El Banco de México dice que habrá recursos destinados a créditos pero faltan reglas y cauces para emplearlos. Hay una excepcional iniciativa de mico, pequeños y medianos empresarios que proponen créditos para proteger el empleo, renegociación de créditos ya existentes, postergaciones en el pago de cuotas y apoyos directos, entre otras medidas. Presentada por Nicolás Alvarado y respaldada por centenares de ciudadanos, muchos de ellos empresarios, esa propuesta parte de la certeza de que el final del túnel es lejano e incierto.
ALACENA: Riesgosas falsedades
Hasta ayer eran más de 400 los profesores de periodismo y comunicación de todo el país que han firmado una carta abierta destinada a los directivos de los principales medios de comunicación para que dejen de transmitir en vivo las conferencias de prensa en donde el presidente, todos los días, habla del coronavirus con datos falsos.
Debido a que el presidente emplea esos espacios “como plataforma para malinformar y desinformar acerca del COVID-19, se han convertido en una seria amenaza a la salud pública, un asunto de vida o muerte, para las audiencias que no pueden identificar fácilmente sus falsedades, mentiras y exageraciones”. Por eso los firmantes del documento solicitan a las estaciones de televisión abierta, lo mismo que a las de cable, que dejen de transmitir esas sesiones en directo. Deberían “presentar únicamente la información que proporcione actualizaciones por parte de autoridades de salud acerca del progreso y los avances en la mitigación de la enfermedad”.

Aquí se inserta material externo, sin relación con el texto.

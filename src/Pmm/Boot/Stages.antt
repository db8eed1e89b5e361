-- ===== src/Pmm/Boot/Stages.antt =====
-- The loops of `pmm_init`: what clearing, counting, reserving and linking leave.
use hao_sys.Base.{
  ℕ, zero, suc, ◌+◌, ◌-◌, ◌^◌, ◌≤◌, ◌<◌, ◌≡◌, refl, ap, true, false, ◌&&◌, List, [], ◌∷◌, arith,
  ltb, leb, ◌==◌, ==_iff, if◌then◌else◌, Bool-cases, inl, inr, Memory, store, store_self, add32,
  count_up_rule, for_pages_rule, min, has, Distinct, length,
}
use hao_sys.Pmm.Bitmap.{
  get_page_bit, set_page_bit, set_page_bit-IsBytes, get_page_bit-set_page_bit, IsBytes,
  addr_to_index,
}
use hao_sys.Pmm.{no_page}
use hao_sys.Pmm.Chain.{Chain, Chain-store}
use hao_sys.Pmm.Boot.{clear_bitmap, count_free, take_bit, reserve, push_page, build_list}

store-IsBytes : (m : Memory) (p v : ℕ) → IsBytes m → v < 256 → IsBytes (store m p v)
unfolding store
store-IsBytes m p v h lt a = ground (arith, h a)

pub clear_bitmap-IsBytes : (n : ℕ) (bm : Memory) → IsBytes bm → IsBytes (clear_bitmap n bm)
unfolding clear_bitmap
clear_bitmap-IsBytes n bm h =
    count_up_rule (λ k t. IsBytes t) (λ i t. store t i 0) 0 n n 0 bm
      (λ k t _ _ b. store-IsBytes t k 0 b (omega arith)) (omega arith) (omega arith) h

-- How many of the first `n` pages are free.
unfoldable pub free_below : ℕ → Memory → ℕ
free_below zero bm = 0
free_below (suc n) bm = free_below n bm + (if get_page_bit bm n then 1 else 0)

pub free_below-le : (n : ℕ) (bm : Memory) → free_below n bm ≤ n
unfolding free_below
free_below-le zero bm = omega arith
free_below-le (suc n) bm = ground (arith, free_below-le n bm)

pub count_free-free_below :
    (total : ℕ) (bm : Memory) → total ≤ 2 ^ 20 → count_free total bm ≡ free_below total bm
unfolding count_free free_below
count_free-free_below total bm small =
    count_up_rule (λ k n. n ≡ free_below k bm) (λ i n. if get_page_bit bm i then add32 n 1 else n) 0
      total total 0 0 (λ k n _ lt e. ground (arith, free_below-le k bm)) (omega arith) (omega arith)
      refl

same_bit : (bm : Memory) (n i : ℕ) → (n == i) ≡ true → get_page_bit bm n ≡ get_page_bit bm i
same_bit bm n i h = ap (get_page_bit bm) ((==_iff n i).0 h)

-- Clearing the bit of a free page lowers the count by one.
free_below-clear :
    (n : ℕ) (bm : Memory) (i : ℕ)
    → IsBytes bm
    → get_page_bit bm i ≡ true
    → free_below n (set_page_bit bm i false) + (if ltb i n then 1 else 0) ≡ free_below n bm
unfolding free_below
free_below-clear zero bm i b h = ground arith
free_below-clear (suc n) bm i b h =
    ground (
      arith,
      free_below-clear n bm i b h,
      get_page_bit-set_page_bit bm i n false b,
      same_bit bm n i,
    )

-- The state of a reserving loop that has passed the pages [lo, k).
pub record Reserved (total lo k : ℕ) (bm : Memory) (s : Memory × ℕ) : Type 0 where
  pub bytes : IsBytes s.0
  pub count : s.1 ≡ free_below total s.0
  pub bits :
      (j : ℕ) → get_page_bit s.0 j ≡ (if leb lo j && ltb j k then false else get_page_bit bm j)

Reserved-step :
    (total lo k : ℕ) (bm : Memory) (s : Memory × ℕ)
    → total ≤ 2 ^ 20
    → lo ≤ k
    → k < total
    → Reserved total lo k bm s
    → Reserved total lo (suc k) bm (take_bit k s)
Reserved-step total lo k bm (t, n) small l lt r = elim (Bool-cases (get_page_bit t k)) [
  | inl set ↦ rw set (record {
    bytes = set_page_bit-IsBytes t k false r.bytes;
    count = ground (arith, free_below-clear total t k r.bytes set, free_below-le total t, r.count);
    bits = λ j. ground (arith, get_page_bit-set_page_bit t k j false r.bytes, r.bits j);
  })
  | inr clear ↦ rw clear (record {
    bytes = r.bytes;
    count = r.count;
    bits = λ j. ground (arith, same_bit t j k, r.bits j);
  })
]

-- A reserving loop clears the bits of its pages and no others, and keeps the count in step.
pub reserve-Reserved :
    (total first last : ℕ) (s : Memory × ℕ)
    → total ≤ 2 ^ 20
    → IsBytes s.0
    → s.1 ≡ free_below total s.0
    → let lo = addr_to_index first in
      Reserved total lo
        (lo + (min (addr_to_index last + 1) total - lo))
        s.0
        (reserve total first last s)
unfolding reserve
reserve-Reserved total first last s small b e =
    for_pages_rule (λ k t. Reserved total (addr_to_index first) k s.0 t) take_bit
      (addr_to_index first) (addr_to_index last) total s
      (λ k t l _ lt r. Reserved-step total (addr_to_index first) k s.0 t small l lt r)
      (record { bytes = b; count = e; bits = λ j. ground arith })

-- The links built so far chain the free pages below `k`.
pub record Linked (bm : Memory) (k : ℕ) (s : Memory × ℕ) : Type 0 where
  pub pages : List ℕ
  pub chain : Chain s.0 s.1 pages
  pub distinct : Distinct pages
  pub tracks : (j : ℕ) → has j pages ≡ (ltb j k && get_page_bit bm j)
  pub count : length pages ≡ free_below k bm

Linked-step :
    (bm : Memory) (k : ℕ) (s : Memory × ℕ) → Linked bm k s → Linked bm (suc k) (push_page bm k s)
unfolding free_below
Linked-step bm k (mem, head) l = elim (Bool-cases (get_page_bit bm k)) [
  | inl free ↦
      let out : has k l.pages ≡ false = ground (arith, l.tracks k) in
      rw free (record {
        pages = k ∷ l.pages;
        chain = (refl, rw store_self (Chain-store mem head l.pages k head out l.chain));
        distinct = (out, l.distinct);
        tracks = λ j. ground (arith, l.tracks j, same_bit bm j k);
        count = ground (arith, l.count);
      })
  | inr busy ↦ rw busy (record {
    pages = l.pages;
    chain = l.chain;
    distinct = l.distinct;
    tracks = λ j. ground (arith, l.tracks j, same_bit bm j k);
    count = ground (arith, l.count);
  })
]

-- `build_list` chains exactly the free pages of memory.
pub build_list-Linked : (total : ℕ) (bm mem : Memory) → Linked bm total (build_list total bm mem)
unfolding build_list free_below
build_list-Linked total bm mem =
    count_up_rule (Linked bm) (push_page bm) 0 total total 0 (mem, no_page)
      (λ k t _ _ l. Linked-step bm k t l) (omega arith) (omega arith)
      (record { pages = []; chain = refl; distinct = tt; tracks = λ j. ground arith; count = refl })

os profesores de comunicación consideran que las conferencias de prensa presidenciales “han degenerado en mitines políticos y en foros para que el presidente denigre a sus enemigos”. Debido a las abundantes falsedades que allí se dicen, “el riesgo de dejar pasar información errónea y sugerencias dañinas es demasiado grande. Las empresas de medios necesitan examinar cuidadosamente lo que él dice y sólo compartir información que puedan verificar de manera independiente”.
Esa exhortación es promovida por los profesores Susan Douglas de la Universidad de Michigan, Todd Gitlin de la Universidad de Columbia, Jay Rosen de la Universidad de Nueva York y Barbie Zelizer de la Universidad de Pennsylvania y con ella se pretende que los medios pongan en contexto y dejen de difundir las falsedades que a diario predica el presidente Donald Trump.